As though she had performed the deed a hundred times before, Nephenia took reverential hold of the moment. She hummed a soothing song, a Yrul melody, which calmed his restless nerves. She cupped her hands and cleansed his face with water from the stream, and afterward she used his knife to cut every trace of beard from his face and neck. Afterward, he sat still as she cropped his hair. She treated him as though he were a statue and she his sculptor, never once so much as nicking him.
It was a sublime feeling to relax in her capable hands. Her touch felt like sunshine against his skin, carving away the shadows. She performed her work without a word of conversation, finishing just as the sun climbed directly overhead.
Her ritual complete, she stood and regarded him. “And there you are.” She dusted the last of his hair from her hands. “The Hunter reborn.”
He put two fingers to his cheek, now bare and clean. He ran a palm across his scalp, enjoying the bristle of cropped hair upon his hand.
“I like it,” he told her.
“And you should.” She nodded. “Had you a clean set of clothes, I’d stake your handsomeness against any man of Romaldar, maybe even of Yrul. Not bad for a morning’s work.”
“Thank you.”
“Are you coming then?” She parted the vine veil and glanced over her shoulder. “Or should I leave you be?”
“Coming.”
Thus began his time with Nephenia, princess of Yrul.

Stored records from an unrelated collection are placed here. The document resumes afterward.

-- ===== src/Jobs/Store.antt =====
-- src/manga_gateway/jobs/store.py: the `jobs` table. The rows stand in rowid order: sqlite gives a
-- new row a rowid above all others. A statement that fails leaves the table as it was.

pub mod Valid
pub mod Lookup
pub mod Retention
pub mod Owned
pub mod Contract
use mangarr_gateway.Prelude.Latest
use mangarr_gateway.Prelude.{
  Bool, List, Option, String, [], any, if◌then◌else◌, inl, inr, keep, length, map, max, none, not,
  refl, some, string_eq, take, ℕ, ◌&&◌, ◌++◌, ◌-◌, ◌==◌, ◌||◌, ◌∷◌, ◌≡◌, ◌⊎◌,
}
use mangarr_gateway.Jobs.Model.{Job, queued, is_live}
use mangarr_gateway.Jobs.Row.{Row, job_values, row_to_job}

pub data StoreError : Type 0 where
  integrity_error : StoreError
  key_error : String → StoreError

pub data Result {ℓ} (A : Type ℓ) : Type ℓ where
  ok : A → Result A
  err : StoreError → Result A

pub Result-cases {ℓ} :
    {A : Type ℓ} (r : Result A) → ((a : A) × (r ≡ ok a)) ⊎ ((e : StoreError) × (r ≡ err e))
Result-cases (ok a) = inl (a, refl)
Result-cases (err e) = inr (e, refl)

abbrev pub Table : Type 0
Table = List Row

abbrev pub has_id : String → Row → Bool
has_id i r = r.job_id == i

abbrev pub has_handle : String → Row → Bool
has_handle h r = r.release_handle == h

-- The rows that the partial unique index `ix_jobs_live_handle` holds under `h`.
abbrev pub live_for : String → Row → Bool
live_for h r = is_live r.status && has_handle h r

abbrev pub is_terminal : Row → Bool
is_terminal r = not (is_live r.status)

unfoldable pub insert : Table → Job → Result Table
unfolding job_values
insert t j =
    let r = job_values j in
    if any (has_id r.job_id) t || (is_live r.status && any (live_for r.release_handle) t)
    then err integrity_error
    else ok (t ++ r ∷ [])

-- `job.updated_at = _now_iso()`
unfoldable pub stamp : ℕ → Job → Job
stamp now j = record j { updated_at = now }

-- `update`, after the stamp. The index refuses a second live row under a handle.
unfoldable pub update : Table → Job → Result Table
unfolding job_values
update t j =
    let r = job_values j in
    if not (any (has_id r.job_id) t)
    then err (key_error r.job_id)
    else if is_live r.status && any (λ x. live_for r.release_handle x && not (has_id r.job_id x)) t
    then err integrity_error
    else ok (map (λ x. if has_id r.job_id x then r else x) t)

-- `fetchone`
abbrev pub first_row : Table → Option Job
first_row [] = none
first_row (r ∷ _) = some (row_to_job r)

unfoldable pub get : Table → String → Option Job
get t i = first_row (keep (has_id i) t)

unfoldable pub find_live_by_handle : Table → String → Option Job
find_live_by_handle t h = first_row (keep (live_for h) t)

-- ORDER BY updated_at DESC, rowid DESC
abbrev pub latest_first : Table → Table
latest_first = Latest.latest_first (λ r. r.updated_at)

unfoldable pub find_latest_by_handle : Table → String → Option Job
find_latest_by_handle t h = first_row (latest_first (keep (has_handle h) t))

unfoldable pub delete : Table → String → Table
delete t i = keep (λ r. not (has_id i r)) t

unfoldable pub all : Table → List Job
all t = map row_to_job t

unfoldable pub requeue : ℕ → Row → Row
requeue now r =
    if is_live r.status
    then record r {
      status = queued;
      message = none;
      total_pages = none;
      downloaded_pages = none;
      total_bytes = 0;
      remaining_bytes = 0;
      output_path = none;
      updated_at = now;
    }
    else r

unfoldable pub rehydrate : ℕ → Table → Table
unfolding requeue
rehydrate now t = map (requeue now) t

-- The subselect of `prune_terminal`: the ids of the `limit` latest terminal rows.
unfoldable pub survivors : ℕ → Table → List String
survivors limit t = map (λ r. r.job_id) (take limit (latest_first (keep is_terminal t)))

abbrev pub among : List String → Row → Bool
among ids r = any (λ i. r.job_id == i) ids

-- The rows that are left, and `cur.rowcount`.
unfoldable pub prune_terminal : ℕ → Table → Table × ℕ
unfolding survivors
prune_terminal keep_last t =
    let ids = survivors (max 1 keep_last) t in
    let left = keep (λ r. not (is_terminal r && not (among ids r))) t in
    (left, length t - length left)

For that day and three more, he spent his every hour in her company. He expected her to demand a quick return to civilization, but she never did. The least demanding woman in the world, he came to understand. A princess no more spoiled than any common girl of Romaldar.

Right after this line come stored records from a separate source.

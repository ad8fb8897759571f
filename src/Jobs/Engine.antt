-- ===== src/Jobs/Engine.antt =====
-- src/manga_gateway/jobs/engine.py: what one run of the engine reads, the state that it changes,
-- and actions that may raise. What was written before a raise stays written.
pub mod Rules
pub mod Pages
pub mod Progress
pub mod Drive
pub mod Endings
pub mod Passes
pub mod Total
pub mod Limits
pub mod Writes
pub mod Settled
use mangarr_gateway.Prelude.{Bool, List, Option, String, ℕ}
use mangarr_gateway.Jobs.Model.{Job, JobStatus}
use mangarr_gateway.Jobs.Store.{Table}

abbrev pub Bytes : Type 0
Bytes = List ℕ

-- A page of the archive: its file name and its content.
abbrev pub Page : Type 0
Page = String × Bytes

-- `other` names the type of an exception that is no `SourceError`.
pub data Exception : Type 0 where
  source_error : String → String → Option ℕ → Exception
  stale_manifest : Exception
  other : String → Exception

pub data Outcome {ℓ} (A : Type ℓ) : Type ℓ where
  ok : A → Outcome A
  raise : Exception → Outcome A

-- What one attempt to fetch a page gives: its bytes, an `httpx.HTTPError` by its text, or any
-- other exception.
pub data Fetched : Type 0 where
  body : Bytes → Fetched
  http_error : String → Fetched
  raises : Exception → Fetched

-- What the code outside answers during one run. `manifest n` is the answer to the n-th
-- `fetch_manifest`; `page p i url a` that to attempt a on page i in pass p; `finished p` the tasks
-- of pass p that have ended when a task group that fails has cancelled the rest, in that order;
-- `write` the exception of the writer, if any; `others n` what other tasks do to the table before
-- the n-th update; `now n` the n-th reading of the clock.
pub record World : Type 0 where
  pub reresolve_on_403 : String → Option Bool
  pub manifest : ℕ → String → Outcome (List String)
  pub page : ℕ → ℕ → String → ℕ → Fetched
  pub finished : ℕ → List ℕ
  pub is_valid_image : Bytes → Bool
  pub page_filename : String → String
  pub say_failed : ℕ → String → String
  pub say_invalid : ℕ → Bytes → String
  pub output_path : Job → String
  pub write : String → List Page → String → Option Exception
  pub others : ℕ → Table → Table
  pub now : ℕ → ℕ
  pub validate_attempts : ℕ

-- The job object, the table, the job events emitted, what the writer has published, and how often
-- the world was asked.
pub record Run : Type 0 where
  pub job : Job
  pub table : Table
  pub events : List JobStatus
  pub published : Option (List Page)
  pub manifests : ℕ
  pub passes : ℕ
  pub updates : ℕ
  pub readings : ℕ

abbrev pub Exec {ℓ} : Type ℓ → Type ℓ
Exec A = Run → Outcome A × Run

abbrev pub continue {ℓ κ} :
    {A : Type ℓ} {B : Type κ} → Outcome A → (A → Run → Outcome B × Run) → Run → Outcome B × Run
continue (ok a) f s = f a s
continue (raise e) f s = (raise e, s)

infixl 10 ◌>>=◌ ◌>>◌
unfoldable pub ◌>>=◌ {ℓ κ} :
    {A : Type ℓ} {B : Type κ}
    → (Run → Outcome A × Run)
    → (A → Run → Outcome B × Run)
    → Run
    → Outcome B × Run
◌>>=◌ m f s = let (r, s') = m s in continue r f s'

abbrev pub ◌>>◌ {ℓ κ} :
    {A : Type ℓ} {B : Type κ}
    → (Run → Outcome A × Run)
    → (Run → Outcome B × Run)
    → Run
    → Outcome B × Run
m >> n = m >>= λ _. n

abbrev pub pure {ℓ} : {A : Type ℓ} → A → Exec A
pure a s = (ok a, s)

abbrev pub throw {ℓ} : {A : Type ℓ} → Exception → Exec A
throw e s = (raise e, s)

-- An assignment to fields of the job.
abbrev pub modify_job : (Job → Job) → Exec (Unit {0})
modify_job f s = (ok tt, record s { job = f s.job })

Without once mentioning that she was royalty and he the farthest thing from it, she toiled beside him. When his injured calf throbbed and the wound on his ribs leaked streamlets of blood, it was she who redressed his wounds, she who prepared his dinner, and she who lugged fresh water to the top of the hill. She was adaptable, agreeable, as hard-working as anyone he had known. And as proud and self-possessed as the mountains of Yrul.
But then of course she had questions. Come each evening, when summer’s heat lessened and starlight pierced the cloudless sky, she sat beside him at the fire and pleaded with him to reveal his name, his history, and the reasons why he chose to hunt the Master of the Wolde.

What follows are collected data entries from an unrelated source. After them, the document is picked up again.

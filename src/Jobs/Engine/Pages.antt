-- ===== src/Jobs/Engine/Pages.antt =====
-- `_fetch_pages_once` and `_fetch_all_pages` of engine.py.
use mangarr_gateway.Prelude.{
  Bool, List, Option, String, [], any, false, if◌then◌else◌, keep, length, nat_beq, none, not, some,
  suc, true, zero, ℕ, ◌&&◌, ◌++◌, ◌+◌, ◌∷◌,
}
use mangarr_gateway.Jobs.Model.{Job}
use mangarr_gateway.Jobs.Engine.{
  Bytes, Page, Exception, source_error, stale_manifest, other, Outcome, ok, raise, Fetched, body,
  http_error, raises, World, Run, Exec, pure, throw, modify_job, ◌>>=◌, ◌>>◌,
}

module _ (w : World) where
  abbrev pub check : (Bytes → Outcome Bytes) → ℕ → Fetched → Outcome Bytes
  check again i (body c) = if w.is_valid_image c then ok c else again c
  check again i (http_error text) =
      raise (source_error "source_unavailable" (w.say_failed (i + 1) text) none)
  check again i (raises e) = raise e

  -- `_one`: the attempts on one page. A body that is no image is fetched again.
  unfoldable pub fetch_page : ℕ → ℕ → ℕ → String → ℕ → Outcome Bytes
  fetch_page zero pass i url a = raise (other "UnboundLocalError")
  fetch_page (suc zero) pass i url a =
      check (λ c. raise (source_error "source_unavailable" (w.say_invalid (i + 1) c) none)) i
        (w.page pass i url a)
  fetch_page (suc (suc n)) pass i url a =
      let rest = fetch_page (suc n) pass i url (suc a) in check (λ _. rest) i (w.page pass i url a)

  -- The outcome of each page task of a pass, in manifest order.
  unfoldable pub page_tasks : ℕ → ℕ → List String → List (ℕ × String × Outcome Bytes)
  page_tasks pass i [] = []
  page_tasks pass i (url ∷ urls) =
      (i, url, fetch_page w.validate_attempts pass i url 0) ∷ page_tasks pass (suc i) urls

abbrev pub ended : List ℕ → ℕ × String × Outcome Bytes → Bool
ended done t = any (λ i. nat_beq i t.0) done

-- The tasks that ended, in the order of their ends.
unfoldable pub arrivals :
    List ℕ → List (ℕ × String × Outcome Bytes) → List (ℕ × String × Outcome Bytes)
arrivals [] ts = []
arrivals (i ∷ is) ts = keep (λ t. nat_beq i t.0) ts ++ arrivals is ts

-- `x or 0`
abbrev pub or_zero : Option ℕ → ℕ
or_zero (some n) = n
or_zero none = 0

-- `job.downloaded_pages` and `job.downloaded_bytes` grow with each page that is there.
unfoldable pub count_page : Job → Bytes → Job
count_page j c = record j {
  downloaded_pages = some (or_zero j.downloaded_pages + 1);
  downloaded_bytes = j.downloaded_bytes + length c;
}

-- The pages of the tasks, their exceptions, and the progress on the job.
unfoldable pub results : (String → String) → List (ℕ × String × Outcome Bytes) → List Page
results filename [] = []
results filename ((i, url, ok c) ∷ ts) = (filename url, c) ∷ results filename ts
results filename ((i, url, raise e) ∷ ts) = results filename ts

unfoldable pub errors : List (ℕ × String × Outcome Bytes) → List Exception
errors [] = []
errors ((i, url, ok c) ∷ ts) = errors ts
errors ((i, url, raise e) ∷ ts) = e ∷ errors ts

unfoldable pub progress : Job → List (ℕ × String × Outcome Bytes) → Job
unfolding count_page
progress j [] = j
progress j ((i, url, ok c) ∷ ts) = progress (count_page j c) ts
progress j ((i, url, raise e) ∷ ts) = progress j ts

-- The task group: the first exception cancels the tasks that have not ended, and without one they
-- all end. The tasks that end, and the exceptions in the order they came.
abbrev pub settled :
    List ℕ
    → List (ℕ × String × Outcome Bytes)
    → List Exception
    → List (ℕ × String × Outcome Bytes) × List Exception
settled done ts [] = (ts, errors ts)
settled done ts (e ∷ es) = (keep (ended done) ts, e ∷ es)

unfoldable pub settle :
    List ℕ → List (ℕ × String × Outcome Bytes) → List (ℕ × String × Outcome Bytes) × List Exception
unfolding arrivals errors
settle done ts = settled done ts (errors (arrivals done ts))

abbrev pub is_source_error : Exception → Bool
is_source_error (source_error _ _ _) = true
is_source_error _ = false

abbrev pub is_403 : Exception → Bool
is_403 (source_error _ _ (some status)) = nat_beq status 403
is_403 _ = false

-- `type(exc).__name__`
unfoldable pub type_name : Exception → String
type_name (source_error _ _ _) = "SourceError"
type_name stale_manifest = "_StaleManifest"
type_name (other n) = n

-- What `except* SourceError` raises: `eg` holds the SourceErrors, in their order.
unfoldable pub handled : Bool → List Exception → Exception
handled reresolve [] = stale_manifest
handled reresolve (e ∷ eg) = if reresolve && any is_403 (e ∷ eg) then stale_manifest else e

-- The exception that leaves the task group. Other exceptions stay in a group, of which the first
-- leaf is kept: what the handler raised comes before them.
unfoldable pub group : Bool → Exception → List Exception → Exception
unfolding handled type_name
group reresolve first es = elim (keep is_source_error es) [
  | [] ↦ other (type_name first)
  | e ∷ eg ↦
      if any (λ x. not (is_source_error x)) es
      then other (type_name (handled reresolve (e ∷ eg)))
      else handled reresolve (e ∷ eg)
]

abbrev pub pass_outcome : Bool → List Page → List Exception → Outcome (List Page)
pass_outcome reresolve pages [] = ok pages
pass_outcome reresolve pages (e ∷ es) = raise (group reresolve e (e ∷ es))

-- `if not manifest: raise`
unfoldable pub require_pages : List String → Exec (List String)
require_pages [] =
    throw (source_error "source_unavailable" "manifest re-resolved to zero pages" none)
require_pages (url ∷ urls) = pure (url ∷ urls)

-- What the loop does with a pass: `again` is the next round.
unfoldable pub on_stale : Exec (List Page) → Outcome (List Page) × Run → Outcome (List Page) × Run
on_stale again (ok pages, s) = (ok pages, s)
on_stale again (raise stale_manifest, s) = again s
on_stale again (raise e, s) = (raise e, s)

-- `source.fetch_manifest(job.chapter_id, ctx)`
unfoldable pub fetch_manifest : World → String → Exec (List String)
fetch_manifest w chapter s =
    (w.manifest s.manifests chapter, record s { manifests = s.manifests + 1 })

-- The round after a stale pass: the counters start again on a fresh manifest.
unfoldable pub next_round : World → String → (List String → Exec (List Page)) → Exec (List Page)
unfolding fetch_manifest require_pages
next_round w chapter rest = do
  modify_job (λ j. record j { downloaded_pages = some 0; downloaded_bytes = 0 })
  again ← fetch_manifest w chapter
  fresh ← require_pages again
  rest fresh

module _ (w : World) (reresolve : Bool) where
  -- `_fetch_pages_once`
  unfoldable pub fetch_pages_once : List String → Exec (List Page)
  unfolding page_tasks results settle progress group
  fetch_pages_once urls s =
      let (ts, es) = settle (w.finished s.passes) (page_tasks w s.passes 0 urls) in
      (
        pass_outcome reresolve (results w.page_filename ts) es,
        record s { job = progress s.job ts; passes = s.passes + 1 },
      )

  -- `_fetch_all_pages`, with `budget` re-resolves left of `_MAX_MANIFEST_RERESOLVES`.
  unfoldable pub fetch_all_pages : ℕ → String → List String → Exec (List Page)
  unfolding fetch_pages_once on_stale next_round
  fetch_all_pages zero chapter urls s =
      on_stale
        (throw (source_error "source_unavailable" "stale manifest re-resolve budget exceeded" none))
        (fetch_pages_once urls s)
  fetch_all_pages (suc budget) chapter urls s =
      on_stale (next_round w chapter (fetch_all_pages budget chapter)) (fetch_pages_once urls s)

“You’ll tell me your secrets someday,” she claimed on their fifth evening atop the hill. “You know that, right?”
&nbs
p; He shook his head. “You remind me of someone. Someone just as persistent.”
“Who?” She perked up.
“I was not always the Hunter. I used to be freer and wiser. I knew a lady not so different from you.”
“Tell me more.”
He strained, stretching his mind to its limits. The memory dwelled at the edge of thought, the shores of a far-off realm. The man he once had been was almost entirely gone, consumed by the Hunter. “I cannot say much about her,” he faltered. “A woman, young and full of fire. You brought her to life in my mind, but now she is lost again.”
“What was her name?”
“I cannot recall.”
“Was she beautiful?”
“Yes. As are you. Somehow so alike. And yet completely different.”
“Oh.”
The night deepened. He and she sat companionably together, her countenance stroked by the moonlight, his eyes hidden in shadow. Not yet ready for sleep, he took the Greyblade across his lap and burnished it from pommel to tip. Nephenia lay with her head in the grass and her gaze angled to the stars, searching for meteors streaking through the night.
This is be our last night here, he decided without saying. My wounds have healed faster than I hoped. Tomorrow we will wake and march northward. The Grae border is two days away. She will go to Gardenn. I will go to Archaeus.
To Lykaios.
He sat in the darkness and fell deeper into thought than any starlight could hope to breach. His heart seemed a haunted prison, for no matter which direction his thoughts wound through his mind, it all ended the same.
“I had my chances,” he murmured, oblivious that he was awake and speaking.
“What do you mean?” Nephenia yawned.
“To kill him.” He gazed into the night. “The Master of Archaeus.”